== Dataset

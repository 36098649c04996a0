-- ===== src/Release/Contents.antt =====
-- What is in a ZIP that is built: which files, and what they import.
use onesti_lock.Base.{
  true≢false, ℕ, Bool, true, false, ok, List, [], ◌∷◌, Option, none, some, not, ◌≡◌, ◌≢◌, ◌++◌,
  arith, refl, sym, ap, ◌∙◌, ◌⊎◌, inl, inr, All, ok-injective, >>=-eq_ok, guard-eq_ok, guard, ◌||◌,
  if◌then◌else◌, Bool-cases,
}
use onesti_lock.Integration.Services.{same_text}
use onesti_lock.Integration.Services.Meant.{same_text_self}
use onesti_lock.Release.{failure, Row, World}
use onesti_lock.Release.Zip.{
  Import, Packed, ble_directory, bluetooth_file, starts_with, is_excluded, can_pack, packed_rows,
  text_below, insert_row, sort_rows, some_rows, component_files, reaches_excluded, ends_with,
  py_suffix, reaches, row_reaches, packed_imports_excluded, pack_rows, build_zip,
}

-- A row that is no file of the excluded paths.
abbrev IsIncluded : Row → Type 0
IsIncluded r = is_excluded r.path ≡ false

packed_rows-IsIncluded : (rows kept : List Row) → packed_rows rows ≡ ok kept → All IsIncluded kept
unfolding packed_rows
packed_rows-IsIncluded [] kept h = none_kept kept (ok-injective h)
  where
    none_kept : (kept : List Row) → ◌≡◌ {A = List Row} [] kept → All IsIncluded kept
    none_kept [] e = tt
    none_kept (r ∷ rs) e = cc e
packed_rows-IsIncluded (r ∷ rows) kept h =
    let (u, blob, h1) = >>=-eq_ok (guard r.is_blob failure) _ h in
    let (v, packable, h2) = >>=-eq_ok (guard (can_pack r.mode) failure) _ h1 in
    let (rest, others, h3) = >>=-eq_ok (packed_rows rows) _ h2 in
    one (Bool-cases (is_excluded r.path)) rest (packed_rows-IsIncluded rows rest others)
      (ok-injective h3)
  where
    one :
        (is_excluded r.path ≡ true) ⊎ (is_excluded r.path ≡ false)
        → (rest : List Row) → All IsIncluded rest
        → (if is_excluded r.path then rest else r ∷ rest) ≡ kept
        → All IsIncluded kept
    one (inl out) rest fine e = rw (sym (rw out at e)) fine
    one (inr there) rest fine e = rw (sym (rw there at e)) (there, fine)

insert_row-IsIncluded :
    (r : Row) (rows : List Row)
    → IsIncluded r
    → All IsIncluded rows
    → All IsIncluded (insert_row r rows)
unfolding insert_row
insert_row-IsIncluded r [] h k = (h, tt)
insert_row-IsIncluded r (s ∷ rows) h k = elim (Bool-cases (text_below s.path r.path)) [
  | inl below ↦ rw below (k.0, insert_row-IsIncluded r rows h k.1)
  | inr above ↦ rw above (h, k)
]

sort_rows-IsIncluded : (rows : List Row) → All IsIncluded rows → All IsIncluded (sort_rows rows)
unfolding sort_rows
sort_rows-IsIncluded [] h = tt
sort_rows-IsIncluded (r ∷ rows) h =
    insert_row-IsIncluded r (sort_rows rows) h.0 (sort_rows-IsIncluded rows h.1)

some_rows-IsIncluded :
    (packed rows : List Row)
    → some_rows packed ≡ ok rows
    → All IsIncluded packed
    → All IsIncluded rows
some_rows-IsIncluded [] rows h k = cc h
some_rows-IsIncluded (r ∷ packed) rows h k =
    rw (sym (ok-injective h)) (sort_rows-IsIncluded (r ∷ packed) k)

component_files-IsIncluded :
    (w : World) (sha : List ℕ) (rows : List Row)
    → component_files w sha ≡ ok rows
    → All IsIncluded rows
unfolding component_files
component_files-IsIncluded w sha rows h =
    let (tracked, listed, h1) = >>=-eq_ok (w.tree sha) _ h in
    let (packed, kept, h2) = >>=-eq_ok (packed_rows tracked) _ h1 in
    some_rows-IsIncluded packed rows h2 (packed_rows-IsIncluded tracked packed kept)

module _ (parse : List ℕ → Option (List Import)) where
  -- No Python, or it parses and imports nothing that is left out.
  abbrev pub IsSelfContained : Packed → Type 0
  IsSelfContained f =
      (ends_with py_suffix f.name ≡ false)
      ⊎ (imports : List Import) × (parse f.content ≡ some imports)
        × (reaches_excluded imports ≡ false)

  -- A file that may be installed on its own: it is not under ble/, it is not bluetooth.py, and it
  -- imports neither.
  abbrev pub IsInstallable : Packed → Type 0
  IsInstallable f =
      ((rest : List ℕ) → f.name ≢ ble_directory ++ rest)
      × (f.name ≢ bluetooth_file)
      × IsSelfContained f

starts_with-append : (p rest : List ℕ) → starts_with (p ++ rest) p ≡ true
unfolding starts_with
starts_with-append [] [] = refl
starts_with-append [] (c ∷ rest) = refl
starts_with-append (x ∷ p) rest = ground (arith, starts_with-append p rest)

neither : (a b : Bool) → (a || b) ≡ false → (a ≡ false) × (b ≡ false)
neither true b h = cc h
neither false b h = (refl, h)

included :
    (name : List ℕ)
    → is_excluded name ≡ false
    → ((rest : List ℕ) → name ≢ ble_directory ++ rest) × (name ≢ bluetooth_file)
unfolding is_excluded
included name h =
    let (first, last) =
      neither (same_text name ble_directory || starts_with name ble_directory)
        (same_text name bluetooth_file) h in
    let (exact, under) =
      neither (same_text name ble_directory) (starts_with name ble_directory) first in
    (
      λ rest e. true≢false (
          sym (starts_with-append ble_directory rest)
          ∙ (ap (λ n. starts_with n ble_directory) (sym e) ∙ under)),
      λ e. true≢false (
          sym (same_text_self bluetooth_file)
          ∙ (ap (λ n. same_text n bluetooth_file) (sym e) ∙ last)),
    )

module _ (parse : List ℕ → Option (List Import)) (zip : List Packed → List ℕ) (w : World) where
  parsed_clean :
      (content : List ℕ) (answer : Option (List Import))
      → parse content ≡ answer
      → reaches parse zip w answer ≡ ok false
      → (imports : List Import) × (parse content ≡ some imports)
        × (reaches_excluded imports ≡ false)
  parsed_clean content none h k = cc k
  parsed_clean content (some imports) h k = (imports, h, ok-injective k)

  row_clean :
      (r : Row) (content : List ℕ)
      → row_reaches parse zip w r ≡ ok false
      → w.blob_content r.blob ≡ ok content
      → IsSelfContained parse (record { mode = r.mode; name = r.path; content = content })
  row_clean r content h k = elim (Bool-cases (ends_with py_suffix r.path)) [
    | inl py ↦
        let (read_in, same, h1) = >>=-eq_ok (w.blob_content r.blob) _ (rw py at h) in
        let answer = rw (ok-injective (sym same ∙ k)) at h1 in
        inr (parsed_clean content (parse content) refl answer)
    | inr other ↦ inl other
  ]

  pack_rows-IsInstallable :
      (rows : List Row) (files : List Packed)
      → All IsIncluded rows
      → packed_imports_excluded parse zip w rows ≡ ok false
      → pack_rows parse zip w rows ≡ ok files
      → All (IsInstallable parse) files
  unfolding packed_imports_excluded pack_rows
  pack_rows-IsInstallable [] files h k p = rw (sym (ok-injective p)) tt
  pack_rows-IsInstallable (r ∷ rows) files h k p =
      let (here, reached, k1) = >>=-eq_ok (row_reaches parse zip w r) _ k in
      let (more, others, k2) = >>=-eq_ok (packed_imports_excluded parse zip w rows) _ k1 in
      let (clean, all_clean) = neither here more (ok-injective k2) in
      let (content, read_in, p1) = >>=-eq_ok (w.blob_content r.blob) _ p in
      let (rest, packed, p2) = >>=-eq_ok (pack_rows parse zip w rows) _ p1 in
      rw (sym (ok-injective p2)) (
        (
          (included r.path h.0).0,
          (included r.path h.0).1,
          row_clean r content (reached ∙ ap ok clean) read_in,
        ),
        pack_rows-IsInstallable rows rest h.1 (others ∙ ap ok all_clean) packed,
      )

  cleared : (b : Bool) → not b ≡ true → b ≡ false
  cleared true h = cc h
  cleared false h = refl

  -- A ZIP that is built packs no file under ble/ and no bluetooth.py, and each Python file in it parses and has
  -- no relative import of an excluded module.
  pub build_zip-IsInstallable :
      (sha zipped : List ℕ)
      → build_zip parse zip w sha ≡ ok zipped
      → (files : List Packed) × (zipped ≡ zip files) × All (IsInstallable parse) files
  unfolding build_zip
  build_zip-IsInstallable sha zipped h =
      let (rows, listed, h1) = >>=-eq_ok (component_files w sha) _ h in
      let (reaching, reached, h2) = >>=-eq_ok (packed_imports_excluded parse zip w rows) _ h1 in
      let (u, clean, h3) = >>=-eq_ok (guard (not reaching) failure) _ h2 in
      let (files, packed, h4) = >>=-eq_ok (pack_rows parse zip w rows) _ h3 in
      (
        files,
        sym (ok-injective h4),
        pack_rows-IsInstallable rows files (component_files-IsIncluded w sha rows listed)
            (reached ∙ ap ok (cleared reaching (guard-eq_ok (not reaching) failure clean))) packed,
      )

====

Problem to solve:
Restate word for word the lines in the material above from the one with "(f.name ≢ bluetooth_file)" to the one with "neither : (a"; both of those lines count, and nothing else does.

Output for this task:
      × (f.name ≢ bluetooth_file)
      × IsSelfContained f

starts_with-append : (p rest : List ℕ) → starts_with (p ++ rest) p ≡ true
unfolding starts_with
starts_with-append [] [] = refl
starts_with-append [] (c ∷ rest) = refl
starts_with-append (x ∷ p) rest = ground (arith, starts_with-append p rest)

neither : (a b : Bool) → (a || b) ≡ false → (a ≡ false) × (b ≡ false)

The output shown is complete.